Prefabricated orthotics improved postural stability in participants with FAI. Similar to the findings of previous researchers, we found that postural stability was worse in FAI ankles than in healthy ankles.
Postural stability was worse in functionally unstable ankles than in healthy ankles.
Prefabricated orthotics improved postural stability in patients with functional ankle instability.
Prefabricated orthotics may be an early intervention option for patients with functional ankle instability, allowing them to remain physically active and improving their overall stability and proprioception.
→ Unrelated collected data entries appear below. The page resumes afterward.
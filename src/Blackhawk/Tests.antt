-- ===== src/Blackhawk/Tests.antt =====
-- A vault with one order of two cards, of which Blackhawk tells one.
use kin_app_server.Common.{
  ℕ, ◌+◌, ◌≤◌, ◌≡◌, refl, arith, true, false, none, some, Option, [], ◌∷◌, ◌==◌, if◌then◌else◌,
}
use kin_app_server.Common.Int.{pos}
use kin_app_server.Common.Table.{count_rows}
use kin_app_server.Action.{ok, after}
use kin_app_server.Shop.{Offer}
use kin_app_server.Shop.Goods.{create_good, does_code_exist, list_inventory}
use kin_app_server.Blackhawk.{
  BlackhawkCard, BlackhawkOffer, Vault, processed_order, CardInfo, Api, create_bh_card,
  track_orders, replenish_bh_cards,
}
use kin_app_server.Blackhawk.Track.{has_code, track_orders-IsOnce}
use kin_app_server.Blackhawk.Replenish.{count_started, allowed, replenish_bh_cards-started}

abbrev gift_card : Offer
gift_card = record {
  offer_id = 5;
  offer_type = "gift-card";
  is_active = true;
  title = "gift card";
  kin_cost = pos 800;
  address = 70;
  min_client_version_ios = none;
  min_client_version_android = none;
}

abbrev card : BlackhawkCard
card = record {
  card_id = 1;
  order_id = 9;
  processed = false;
  merchant_code = "m";
  denomination = 10;
}

abbrev offer : BlackhawkOffer
offer = record {
  offer_id = 5;
  merchant_code = "m";
  merchant_template_id = "t";
  batch_size = 2;
  denomination = 10;
  minimum_threshold = 2;
}

abbrev vault : Vault
vault = record {
  shop = record {
    goods = [];
    next_sid = 1;
    offers = gift_card ∷ [];
    orders = [];
    txs = [];
    locked = λ u. none;
    users = [];
  };
  cards = card ∷ record card { card_id = 2 } ∷ [];
  bh_offers = offer ∷ [];
  creds = record { token = some 3; token_generation_time = 0 };
  started = [];
}

abbrev info : CardInfo
info = record { id = 1; order = 9; code = "AAA"; merchant_code = "t" }

abbrev tells_one : ℕ → Option CardInfo
tells_one c = if c == 1 then some info else none

abbrev api : (ℕ → Option CardInfo) → Api
api tells = record {
  generate_auth_token = none;
  get_order_status = λ o. processed_order;
  egift_get_card = tells;
  egift_start_order = λ o. some 10;
  egift_add_card = λ o i. some (i + 3);
  account_balance = some (some (pos 500));
}

IsOnce_example :
    count_rows (has_code "AAA") (after (track_orders (api tells_one) 7) vault).shop.goods ≤ 1
IsOnce_example = track_orders-IsOnce (api tells_one) 7 "AAA" vault (omega arith)

abbrev tracked : Vault
tracked = after (track_orders (api tells_one) 7) vault

tracked_lem : track_orders (api tells_one) 7 vault ≡ (ok (some 0), tracked)
unfolding track_orders create_good does_code_exist
tracked_lem = refl

-- One good is made, which is one too few.
started_example :
    count_started (after (replenish_bh_cards (api tells_one) 7 (pos 100) false) vault)
    ≤ count_started vault + allowed (api tells_one) (pos 100) (ok (some 0)) tracked
started_example =
    replenish_bh_cards-started (api tells_one) 7 (pos 100) vault tracked (ok (some 0)) tracked_lem

allowed_one : allowed (api tells_one) (pos 100) (ok (some 0)) tracked ≡ 1
unfolding track_orders create_good does_code_exist list_inventory
allowed_one = refl

ordered_two : (after (replenish_bh_cards (api tells_one) 7 (pos 100) false) vault).started ≡ 10 ∷ []
unfolding create_bh_card replenish_bh_cards create_good does_code_exist list_inventory
ordered_two = refl
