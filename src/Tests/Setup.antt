-- ===== src/Tests/Setup.antt =====
-- Two processes attach the memory: one may use CPU 0, the other CPU 1; CPU 3 is excluded, and the
-- second finds CPU 2.
use mpipin.Base.{ℕ, ◌≡◌, refl, arith, true}
use mpipin.Base.Int.{dec, ◌==ℤ◌}
use mpipin.Base.Count.{count_below}
use mpipin.Bits.{word_bit}
use mpipin.Word.{bit_not, shl, shr}
use mpipin.Bitops.{
  get_bit, ffs, skip_zeros, has_word, found_first, find_loop, find_first_bit, find_next_bit,
}
use mpipin.CpuSet.{CpuSet, cpu_isset, cpu_set, cpu_clr, cpu_count, cpuset_first, cpuset_next}
use mpipin.Pin.{PartExec}
use mpipin.Pin.Init.{initialise, for_cpus_from, for_cpus, System, discover, attach}
use mpipin.Pin.Init.Share.{IsSetUp, attach-IsSetUp}
use mpipin.Tests.Machine.{low_set, low_set-IsCpuSet}

abbrev pub four : System
four = record { nprocs = 4; set_affinity = λ _. true; getcpu = cpuset_first }

abbrev pub first_memory : PartExec
first_memory = initialise 2 (low_set 1)

set_up : CpuSet × ℕ
unfolding bit_not shl shr ffs skip_zeros has_word found_first find_loop find_first_bit find_next_bit
    cpu_isset cpu_set cpu_clr cpuset_first cpuset_next cpu_count count_below get_bit word_bit
    initialise for_cpus_from for_cpus discover attach dec ◌==ℤ◌
set_up =
    let pe = attach four (low_set 8) 2 (low_set 2) first_memory in
    (pe.cpus_available, pe.cpus_to_assign)

three_cpus : set_up ≡ (low_set 7, 1)
unfolding set_up
three_cpus = refl

attach-IsSetUp_example :
    IsSetUp four
      (low_set 8)
      (low_set 2)
      2
      first_memory
      (attach four (low_set 8) 2 (low_set 2) first_memory)
attach-IsSetUp_example =
    attach-IsSetUp four (low_set 8) (low_set 2) 2 first_memory (omega arith)
      (low_set-IsCpuSet 8 (omega arith)) (low_set-IsCpuSet 2 (omega arith))
      (unfold initialise in low_set-IsCpuSet 1 (omega arith)) (unfold initialise in refl)
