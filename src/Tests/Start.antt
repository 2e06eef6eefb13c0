-- ===== src/Tests/Start.antt =====
-- `main` with options, and two processes that enter the shared memory.
use mpipin.Base.{
  ℕ, ◌^◌, subst, ◌≡◌, ◌<◌, refl, arith, Bool, true, false, List, [], ◌∷◌, Option, none, some,
}
use mpipin.Base.Int.{pos, ◌==ℤ◌}
use mpipin.Ascii.{Text, codes, to_long}
use mpipin.Ascii.Strtol.{base_digits, unsigned_digits, signed_digits, skip_sign, strtol, to_int}
use mpipin.Word.{shl}
use mpipin.Bitops.{set_bit}
use mpipin.CpuSet.{IsCpuSet}
use mpipin.Bitmap.{bits_to_longs}
use mpipin.Bitmap.Logic.{write_words}
use mpipin.Bitmap.Fold.{bitmap_zero}
use mpipin.Bitmap.Ranges.{
  add_digit, set_range, end_range, parse_ranges, parselist, bitmap_parselist,
}
use mpipin.Pin.{PartExec}
use mpipin.Pin.Init.{initialise, attach}
use mpipin.Main.Options.{
  Settings, positive_int, parse_excluded, set_option, parse_options, check_settings, settings,
  IsChecked, settings-IsChecked,
}
use mpipin.Main.Enter.{
  Calls, failed, cleanup_shm, unlock, share, enter_locked, enter, leave, IsEntry, enter-IsEntry,
}
use mpipin.Main.Enter.Node.{new_session, enter_all, IsCalls, IsReady, enter_all-IsReady}
use mpipin.Tests.Machine.{low_set, low_set-IsCpuSet}
use mpipin.Tests.Setup.{four, first_memory}

read_settings : List (ℕ × Text) → Bool → Option Settings
unfolding base_digits unsigned_digits signed_digits skip_sign strtol to_int to_long ◌==ℤ◌
    positive_int parse_excluded set_option parse_options check_settings settings add_digit set_range
    end_range parse_ranges parselist bitmap_parselist set_bit shl bits_to_longs write_words
    bitmap_zero
read_settings opts has_program = settings opts has_program

abbrev given : List (ℕ × Text)
given = (b'p', codes "0x10") ∷ (b'e', codes "0-1,5") ∷ (b't', codes " +010") ∷ (b'v', []) ∷ []

abbrev chosen : Settings
chosen = record { ppn = pos 16; tpp = pos 8; cpus_excluded = low_set 35; verbose = true }

accepted : settings given true ≡ some chosen
unfolding read_settings
accepted = refl

refused :
    (settings given false ≡ none)
    × (settings ((b'p', codes "1") ∷ []) true ≡ none)
    × (settings ((b'p', codes "1025") ∷ []) true ≡ none)
    × (settings ((b'p', codes "4x") ∷ []) true ≡ none)
    × (settings ((0, []) ∷ given) true ≡ none)
unfolding read_settings
refused = (refl, refl, refl, refl, refl)

-- A number of 33 bits is cut to an `int`.
cut_to_int :
    settings ((b'p', codes "4294967298") ∷ []) true
    ≡ some (record chosen { ppn = pos 2; tpp = pos 0; cpus_excluded = low_set 0; verbose = false })
unfolding read_settings
cut_to_int = refl

settings-IsChecked_example : IsChecked chosen
settings-IsChecked_example = settings-IsChecked given true chosen accepted

abbrev pub process : (size own : ℕ) → Calls
process size own = record {
  ppid = 77;
  affinity = some (low_set own);
  opens = true;
  locks = true;
  size = some size;
  maps = true;
  unlocks = true;
  system = four;
}

enter-IsEntry_example :
    IsEntry
      (process 0 1)
      2
      (low_set 8)
      (new_session first_memory)
      (enter (process 0 1) 2 (low_set 8) (new_session first_memory))
enter-IsEntry_example = enter-IsEntry (process 0 1) 2 (low_set 8) (new_session first_memory) refl

-- Without an affinity, shm_unlink is called with the buffer that is not written yet.
no_affinity :
    enter (record (process 0 1) { affinity = none }) 2 (low_set 8) (new_session first_memory)
    ≡ (failed, record (new_session first_memory) { unlinked = none ∷ [] })
unfolding enter cleanup_shm
no_affinity = refl

-- When execvp fails, the name is unlinked twice.
exec_fails : (leave true false false (new_session first_memory)).1.unlinked ≡ none ∷ none ∷ []
unfolding leave cleanup_shm
exec_fails = refl

abbrev both : List Calls
both = process 0 1 ∷ process 8192 2 ∷ []

abbrev entered_memory : PartExec
entered_memory = attach four (low_set 8) 2 (low_set 2) (initialise 2 (low_set 1))

all_enter : enter_all 2 (low_set 8) both first_memory ≡ some entered_memory
unfolding enter_all enter enter_locked share unlock
all_enter = refl

pub process-IsCalls : (size own : ℕ) → own < 2 ^ 64 → IsCalls (process size own)
process-IsCalls size own lt = record {
  few = omega arith;
  own_set = λ s e.
      let same : low_set own ≡ s = ground (arith, e) in
      subst IsCpuSet same (low_set-IsCpuSet own lt);
}

enter_all-IsReady_example : IsReady 2 entered_memory
enter_all-IsReady_example =
    enter_all-IsReady 2 (low_set 8) (low_set-IsCpuSet 8 (omega arith)) (process 0 1)
      (process 8192 2 ∷ []) first_memory entered_memory refl (omega arith)
      (process-IsCalls 0 1 (omega arith)) refl
      (process-IsCalls 8192 2 (omega arith), (λ e. absurd (ground (arith, e))), tt) all_enter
Functional ankle instability (FAI) was originally defined as a feeling of the ankle giving way after an acute ankle sprain.1 Because lateral ankle sprains are common injuries,2,3 the recurrent instability that often follows3 is a major concern for health care providers. Researchers4–6 have shown that 55% to 72% of patients have residual symptoms for weeks, if not years, after an initial ankle injury. Residual symptoms can include pain, swelling, giving way, and weakness.6 The presence of these symptoms may lead to decreased quality of life and reductions in functional capacities.6
The presence of FAI also affects an array of activities, from basic balance tasks7–12 to more advanced functional performance tests. Based on these reported deficits, clinicians have developed a variety of rehabilitation protocols, including basic strengthening13–15 and proprioception16–19 to more advanced plyometric training.20,21 Outcomes from these protocols include improved joint reposition sense14,15 and postural control21 and increased muscle activity22; however, the residual symptoms of FAI continue to affect a large number of people.
One treatment protocol that has the potential to increase stability at the ankle joint in people with FAI is orthotics. Orthotics have been used to control foot motion, reduce biomechanical stresses, support arches, improve shock absorption, increase proprioceptive capabilities, and position the subtalar joint in a more mechanically stable position.23–26 In patients with a variety of conditions from plantar fasciitis to low back pain, previous authors27–29 have shown that after orthotic treatment, patients report resolution of symptoms and reduced pain. More specifically, a number of investigators30–33 found that orthotic intervention improved postural stability in healthy and injured people. However, little research has been conducted on how orthotics may reduce the signs and symptoms of FAI, such as deficits in postural stability.7,12
To date, only one group30 has studied custom-fit orthotics and postural stability in patients with chronic ankle instability and found that dynamic postural stability improved after 4 weeks of orthotic use.30 We plan to continue this line of inquiry using a prefabricated orthotic. We believe that orthotics have the potential to improve postural stability because (1) a neutral orthotic can control the subtalar joint, subsequently providing a more stable foundation of support, and (2) by supporting the medial longitudinal arch, the orthotic stimulates afferent cutaneous receptors, subsequently stimulating the somatosensory system.33 Therefore, the purpose of our study was to determine whether using a prefabricated orthotic affects postural stability in participants with FAI; 1 group received the orthotic and the other was the control group.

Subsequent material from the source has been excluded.